On 2015-10-29 11:07, Angie Wang wrote:

I'm trying to make a very generic counter template, where given a set of user parameters, I'll get back a counter with just the right amount of IO for control signals (i.e. sometimes [call it a SimpleCounter] you want the counter to change every clock cycle, other times you want it to change every 3 clock cycles; in the former case, I don't want to have to manually hook the change input to Bool(true). I'd rather just not have a change input and get rid of the mux). What's the best way to conditionally add signals to an IO bundle?

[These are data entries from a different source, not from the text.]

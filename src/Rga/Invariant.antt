-- ===== src/Rga/Invariant.antt =====
-- The invariant of the engine: the sentinel stands first and is tombstoned, no id stands twice, the
-- clock is at least every node's, and each node's left neighbour stands before it.
use cs4730_collaborative_tex.Base.{
  ℕ, ◌+◌, ◌≤◌, ◌<◌, ◌≡◌, ◌≢◌, refl, sym, ap, subst, ◌⊎◌, inl, inr, true, false, List, [], ◌∷◌, some,
  arith, length, All, Bool-cases, Option-cases,
}
use cs4730_collaborative_tex.Base.Eq.{◌==◌}
use cs4730_collaborative_tex.Base.Int.{ℤ}
use cs4730_collaborative_tex.Rga.{
  CharId, id_eq, sentinel, Node, Engine, new_engine, Operation, root_loop, root_ancestor,
  goes_behind, place, insert_behind, insert_node, visible_at, local_insert, pred_int,
}
use cs4730_collaborative_tex.Rga.Sequence.{Absent, Unique, ClocksBelow}
use cs4730_collaborative_tex.Rga.Roots.{Linked, insert_behind-Linked, root_loop_linked}

-- The sentinel stands first.
abbrev pub Headed : List Node → Type 0
Headed [] = ⊥
Headed (n ∷ ns) = (n.id ≡ sentinel) × (n.tombstoned ≡ true)

pub record IsValid (e : Engine) : Type 0 where
  pub headed : Headed e.seq
  pub unique : Unique e.seq
  pub clocks : ClocksBelow e.clock e.seq
  pub linked : Linked (λ _. ⊥) e.seq

pub insert_behind-cons :
    (seq : List Node) (node m : Node) (ms r : List Node)
    → insert_behind seq node (m ∷ ms) ≡ some r
    → (r ≡ m ∷ place seq node ms)
      ⊎ ((s : List Node) × (insert_behind seq node ms ≡ some s) × (r ≡ m ∷ s))
unfolding insert_behind
insert_behind-cons seq node m ms r e = elim (Bool-cases (m.id == node.left)) [
  | inl here ↦ inl (ground arith)
  | inr further ↦ elim (Option-cases (insert_behind seq node ms)) [
    | inl lost ↦ absurd (ground arith)
    | inr (s, found) ↦ inr (s, found, ground arith)
  ]
]

module _ (P : Node → Type 0) where
  pub place-All :
      (seq : List Node) (node : Node) (ms : List Node)
      → P node
      → All P ms
      → All P (place seq node ms)
  unfolding place
  place-All seq node [] p h = (p, tt)
  place-All seq node (m ∷ ms) p h = elim (Bool-cases (goes_behind seq node.id node.left m.id)) [
    | inl e ↦ rw e (h.0, place-All seq node ms p h.1)
    | inr e ↦ rw e (p, h)
  ]

  pub insert_behind-All :
      (seq : List Node) (node : Node) (ms r : List Node)
      → P node
      → All P ms
      → insert_behind seq node ms ≡ some r
      → All P r
  unfolding insert_behind
  insert_behind-All seq node [] r p h e = absurd (cc)
  insert_behind-All seq node (m ∷ ms) r p h e = elim (insert_behind-cons seq node m ms r e) [
    | inl here ↦ subst (All P) (sym here) (h.0, place-All seq node ms p h.1)
    | inr (s, found, further) ↦
        subst (All P) (sym further) (h.0, insert_behind-All seq node ms s p h.1 found)
  ]

place-Unique :
    (seq : List Node) (node : Node) (ms : List Node)
    → Absent node.id ms
    → Unique ms
    → Unique (place seq node ms)
unfolding place
place-Unique seq node [] a u = (tt, tt)
place-Unique seq node (m ∷ ms) a u = elim (Bool-cases (goes_behind seq node.id node.left m.id)) [
  | inl e ↦ rw e (
    place-All (λ n. n.id ≢ m.id) seq node ms (λ same. a.0 (sym same)) u.0,
    place-Unique seq node ms a.1 u.1,
  )
  | inr e ↦ rw e (a, u)
]

insert_behind-Unique :
    (seq : List Node) (node : Node) (ms r : List Node)
    → Absent node.id ms
    → Unique ms
    → insert_behind seq node ms ≡ some r
    → Unique r
unfolding insert_behind
insert_behind-Unique seq node [] r a u e = absurd (cc)
insert_behind-Unique seq node (m ∷ ms) r a u e = elim (insert_behind-cons seq node m ms r e) [
  | inl here ↦ subst Unique (sym here) (
    place-All (λ n. n.id ≢ m.id) seq node ms (λ same. a.0 (sym same)) u.0,
    place-Unique seq node ms a.1 u.1,
  )
  | inr (s, found, further) ↦ subst Unique (sym further) (
    insert_behind-All (λ n. n.id ≢ m.id) seq node ms s (λ same. a.0 (sym same)) u.0 found,
    insert_behind-Unique seq node ms s a.1 u.1 found,
  )
]

insert_behind-Headed :
    (seq : List Node) (node : Node) (ms r : List Node)
    → Headed ms
    → insert_behind seq node ms ≡ some r
    → Headed r
insert_behind-Headed seq node [] r h e = absurd h
insert_behind-Headed seq node (m ∷ ms) r h e = elim (insert_behind-cons seq node m ms r e) [
  | inl here ↦ subst Headed (sym here) h
  | inr (s, found, further) ↦ subst Headed (sym further) h
]

pub ClocksBelow-mono : (a b : ℕ) (ns : List Node) → a ≤ b → ClocksBelow a ns → ClocksBelow b ns
ClocksBelow-mono a b [] le h = tt
ClocksBelow-mono a b (n ∷ ns) le h = (omega arith, ClocksBelow-mono a b ns le h.1)

-- A node with a new id under a clock that covers it keeps the invariant.
pub insert_node-IsValid :
    (new left : CharId) (value bound : ℕ) (e : Engine) (r : List Node)
    → IsValid e
    → Absent new e.seq
    → e.clock ≤ bound
    → new.clock ≤ bound
    → insert_node new value left e.seq ≡ some r
    → IsValid (record e { clock = bound; seq = r })
unfolding insert_node
insert_node-IsValid new left value bound e r v a le le' eq =
    let node : Node = record { id = new; value = value; tombstoned = false; left = left } in
    record {
      headed = insert_behind-Headed e.seq node e.seq r v.headed eq;
      unique = insert_behind-Unique e.seq node e.seq r a v.unique eq;
      clocks =
          insert_behind-All (λ n. n.id.clock ≤ bound) e.seq node e.seq r le'
            (ClocksBelow-mono e.clock bound e.seq le v.clocks) eq;
      linked = insert_behind-Linked (λ _. ⊥) e.seq node e.seq r v.linked eq;
    }

pub clock-IsValid :
    (bound : ℕ) (e : Engine) → IsValid e → e.clock ≤ bound → IsValid (record e { clock = bound })
clock-IsValid bound e v le = record {
  headed = v.headed;
  unique = v.unique;
  clocks = ClocksBelow-mono e.clock bound e.seq le v.clocks;
  linked = v.linked;
}

pub newest-Absent :
    (bound : ℕ) (id : CharId) (ns : List Node)
    → ClocksBelow bound ns
    → bound < id.clock
    → Absent id ns
newest-Absent bound id [] h newer = tt
newest-Absent bound id (n ∷ ns) h newer = (
  λ same. let c : n.id.clock ≡ id.clock = ap (λ i. i.clock) same in absurd (omega arith),
  newest-Absent bound id ns h.1 newer,
)

-- A new document is valid.
pub new_engine-IsValid : (site : ℕ) → IsValid (new_engine site)
new_engine-IsValid site = record {
  headed = (refl, refl);
  unique = (tt, tt);
  clocks = (omega arith, tt);
  linked = (inl refl, tt);
}

-- `localInsert` keeps the invariant.
pub local_insert-IsValid :
    (p : ℤ) (c : ℕ) (e e' : Engine) (op : Operation)
    → IsValid e
    → local_insert p c e ≡ some (e', op)
    → IsValid e'
unfolding local_insert
local_insert-IsValid p c e e' op v h =
    let left = visible_at (pred_int p) e.seq in
    let new : CharId = record { clock = e.clock + 1; site = e.site } in
    elim (Option-cases (insert_node new c left e.seq)) [
      | inl lost ↦ absurd (ground (arith))
      | inr (r, found) ↦
          let same : e' ≡ record e { clock = e.clock + 1; seq = r } = ground arith in
          subst IsValid (sym same) (
            insert_node-IsValid new left c (e.clock + 1) e r v
              (newest-Absent e.clock new e.seq v.clocks (omega arith)) (omega arith) (omega arith)
              found)
    ]

pub length-Headed : (ns : List Node) → Headed ns → 0 < length ns
length-Headed [] h = absurd h
length-Headed (n ∷ ns) h = omega arith

-- In a valid engine the loop of `rootAncestor` returns, within as many rounds as the sequence has
-- nodes, and what it returns is the result of the model.
pub root_ancestor_enough :
    (e : Engine) (id target : CharId) (f : ℕ)
    → IsValid e
    → length e.seq ≤ f
    → root_loop f e.seq id target ≡ some (root_ancestor (length e.seq) e.seq id target)
root_ancestor_enough e id target f v enough =
    root_loop_linked e.seq target v.linked f id (length-Headed e.seq v.headed) enough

It seems like there is a + operator that will create a new Bundle that is composed of the elements of the two bundles being added, but does that actually work / does someone have an example for how to use it? I keep getting an error saying that a signal I expect to see in the resultant bundle doesn't exist in Bundle.

I don't know if it's really the most elegant way, but the Patmos processor uses reflection to add I/O pins depending on the configuration. The function genTraitedClass (https://github.com/t-crest/patmos/blob/master/hardware/src/util/Config.scala#L429) takes a base class and adds traits (which represent the pins to add) as needed. For example, if Patmos had a UART as its only I/O device, the function would generate a class definition "class TraitPatmosCoreIO_Uart extends patmos.PatmosCoreIO with io.Uart.Pins" for the io bundle of the processor core. PatmosCoreIO has the default signals, and the trait Uart.Pins adds the I/O pins. The generated class has therefore all the signals and can be used just like any other bundle. As the generated class passes the Scala type checking, no magic is required from Chisel.

Cheers, Wolfgang

jeuneS2 avatar Oct 29 '15 10:10 jeuneS2

Thanks. I'll give it a shot. :)

shunshou avatar Oct 29 '15 23:10 shunshou

I'm a little confused as to how you got the code to behave well when you're specifying T (I'm not familiar with reflection). The class (TraitPatmosCoreIO_Uart) has to already exist (although I thought the point of this was to create it at runtime), otherwise it won't compile (type not found error)?